Haçlıların Kâbusu Nureddin Zengi
GARİP BİR HADİSE!..Nureddin Mahmud Zengi, bir gün, komutanlarından biriyle konuşurken, komutan şöyle dedi:
"Gelecek yıl burada buluşup buluşamayacağımızı bilen Allah pek yücedir!"
Nureddin Zengi de şu karşılığı verdi:
"Bilakis, bu aydan sonra görüşüp görüşemeyeceğimizi bilen Allah pek yücedir!"
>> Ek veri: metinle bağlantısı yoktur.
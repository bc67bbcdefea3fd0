-- ===== src/Wamp/Sessions/Leaving.antt =====
-- What board_on_leave of iotronic/wamp/functions.py does.
use stack4things_openstack_i.Action.{World, ok}
use stack4things_openstack_i.Base.{
  All, List, [], arith, false, filter, length, refl, true, ◌∙◌, ◌∷◌, ◌≡◌, ◌≤◌,
}
use stack4things_openstack_i.Db.Engine.{Engine}
use stack4things_openstack_i.Db.Laws.{IsNumber, IsNumber-IsScalar, filter-rewrite, has_self}
use stack4things_openstack_i.Db.Query.{has}
use stack4things_openstack_i.Db.Schema.{
  Column, Model, Row, Tables, Value, Values, set_column, set_rows, truthy,
}
use stack4things_openstack_i.Base.{String, some}
use stack4things_openstack_i.Objects.{changes_of, from_db_object, get_session, number_text}
use stack4things_openstack_i.Objects.Laws.{
  IsUuid, get_board_by_uuid_found, save_board_lem, save_session_lem, updated,
}
use stack4things_openstack_i.Wamp.Sessions.{board_on_leave, close_session}

module _ ⦃E : Engine⦄ where
  -- A board leaves with a session that is no longer valid, or with one that was never opened:
  -- nothing changes, so a late leave of an old session does not put a board offline that has
  -- reconnected.
  pub board_on_leave_stale :
      (w : World) (s : Value) (n : String) (rows : List Row)
      → number_text s ≡ some n
      → filter (has Column.session_id (Value.str n)) (w.tables Model.session) ≡ rows
      → length rows ≤ 1
      → All (λ r. truthy (r Column.valid) ≡ false) rows
      → board_on_leave s w ≡ (ok tt, w)
  unfolding board_on_leave get_session
  board_on_leave_stale w s n [] e h l a =
      ground (arith, e, E.select_lem w.tables Model.session (has Column.session_id (Value.str n)))
  board_on_leave_stale w s n (r ∷ []) e h l a =
      ground (arith, e, E.select_lem w.tables Model.session (has Column.session_id (Value.str n)))
  board_on_leave_stale w s n (r ∷ q ∷ rows) e h l a = absurd (omega arith)

  -- what is written to a session that is closed, and to its board
  abbrev pub invalid : Values
  invalid = (Column.valid, Value.bool false) ∷ []

  abbrev pub offline : Values
  offline = (Column.status, Value.str "offline") ∷ []

  -- A session number, as a text or not, with one session, valid, of one board that is in the tables; keys are unique.
  pub record IsOpen (w : World) (s : Value) (r b : Row) : Type 0 where
    pub number : String
    pub numbered : number_text s ≡ some number
    pub listed : filter (has Column.session_id (Value.str number)) (w.tables Model.session) ≡ r ∷ []
    pub valid : truthy (r Column.valid) ≡ true
    pub session_key : IsNumber (r Column.id)
    pub one_session : filter (has Column.id (r Column.id)) (w.tables Model.session) ≡ r ∷ []
    pub uuid : IsUuid (r Column.board_uuid)
    pub one_board : filter (has Column.uuid (r Column.board_uuid)) (w.tables Model.board) ≡ b ∷ []
    pub same_uuid : b Column.uuid ≡ r Column.board_uuid
    pub board_key : IsNumber (b Column.id)

  abbrev left_tables : Tables → Row → Row → Tables
  left_tables t r b = updated (updated t Model.session r invalid) Model.board b offline

  module _ (w : World) (s : Value) (r b : Row) (o : IsOpen w s r b) where
    pub get_session_lem : get_session s w ≡ (ok (from_db_object r), w)
    unfolding get_session
    get_session_lem = ground (
      arith,
      o.numbered,
      E.select_lem w.tables Model.session (has Column.session_id (Value.str o.number)),
      o.listed,
    )

    pub close_session_lem :
        close_session (from_db_object r) w ≡ (ok tt, record w { tables = left_tables w.tables r b })
    unfolding close_session changes_of
    close_session_lem =
        let v = record w { tables = updated w.tables Model.session r invalid } in
        let closing =
          save_session_lem w r (set_column r Column.valid (Value.bool false)) (Column.valid ∷ [])
            refl o.session_key o.one_session in
        let leaving =
          save_board_lem v b (set_column b Column.status (Value.str "offline")) (Column.status ∷ [])
            refl (rw o.same_uuid o.uuid) refl (rw o.same_uuid o.one_board) in
        ground (
          arith,
          o.valid,
          closing,
          leaving,
          get_board_by_uuid_found v (r Column.board_uuid) b o.one_board,
        )

    pub board_on_leave_lem :
        board_on_leave s w ≡ (ok tt, record w { tables = left_tables w.tables r b })
    unfolding board_on_leave
    board_on_leave_lem = ground (arith, get_session_lem, close_session_lem)

    -- A board leaves with its valid session: the session is no longer valid, its board is offline,
    -- and nothing but the tables of sessions and boards is changed.
    pub board_on_leave_open :
        ((board_on_leave s w).0 ≡ ok tt)
        × (filter
              (has Column.session_id (Value.str o.number))
              ((board_on_leave s w).1.tables Model.session)
            ≡ set_column r Column.valid (Value.bool false) ∷ [])
        × (filter
              (has Column.uuid (r Column.board_uuid))
              ((board_on_leave s w).1.tables Model.board)
            ≡ set_column b Column.status (Value.str "offline") ∷ [])
        × ((board_on_leave s w).1 ≡ record w {
          tables =
              set_rows
                (set_rows w.tables Model.session ((board_on_leave s w).1.tables Model.session))
                Model.board
                ((board_on_leave s w).1.tables Model.board);
        })
    unfolding has
    board_on_leave_open = rw board_on_leave_lem (
      refl,
      filter-rewrite (has Column.session_id (Value.str o.number)) (has Column.id (r Column.id))
            invalid (λ q. refl) (w.tables Model.session)
          ∙ rw o.listed (
              ground (arith, has_self Column.id r (IsNumber-IsScalar (r Column.id) o.session_key))),
      filter-rewrite (has Column.uuid (r Column.board_uuid)) (has Column.id (b Column.id)) offline
            (λ q. refl) (w.tables Model.board)
          ∙ rw o.one_board
              (ground (arith, has_self Column.id b (IsNumber-IsScalar (b Column.id) o.board_key))),
      refl,
    )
Garip bir hadise olarak, Nureddin Zengi o ayın onbirinde, komutan da henüz bir yıl dolmadan öldüler. Yani, ikisi de kendi söyledikleri zaman içerisinde vefat ettiler. (1174)
***
Ölümünden bir hafta önce Nureddin Zengi, komutanlarından birine çok öfkelenmiş ve o öfkeyle Dimaşk Kalesi'ndeki evine dönmüştü. O günlerde oğlunun sünnet düğünü vardı. Halk sünnet düğünüyle ilgili eğlence ve merasimlerle meşguldü. Nureddin Zengi ise kaledeki evinde şiddetli baş ağrısına yakalanmış, nefes darlığı çekiyor ve konuşmakta zorlanıyordu. Bir hafta süren bu hastalıktan sonra da vefat etmiştir. Böyle çetin bir hastalıktan öldüğü için, ona "Nureddin-i Şehid" denilmiştir...
"DÜNYA GÖLGE GİBİDİR!.."
Nureddin Mahmud Zengi, öldüğü zaman ellisekiz yaşındaydı. Hükümdarlığını adalet, iyilik ve cihadla dolu olarak geçirdi. İdaresi altındaki Suriye ve Mısır'da vergileri kaldırmıştı. Kendi malıyla geçinir, devletten bir şey almazdı. Hanefi fıkhını iyi bilir, gece namazlarını bırakmazdı. Pek cesur, mütevazı ve cömertti. Tarihçi İbnü'l-Esir'e göre, dört halife ve Ömer bin Abdülaziz'den sonra, ahlâkta ondan güzel, adalette daha üstün bir devlet başkanı görülmemiştir.
Anlatılır ki, bir gün bir arkadaşıyla ata binmişti. Giderken gölgeleri önlerinde gidiyor, dönüşte ise gölge arkada onların peşinden geliyordu. Bu manzara karşısında Nureddin Zengi arkadaşına der ki:
"Dünyanın hali gölge gibidir. Kovalarsan kaçar, kaçarsan kovalar!"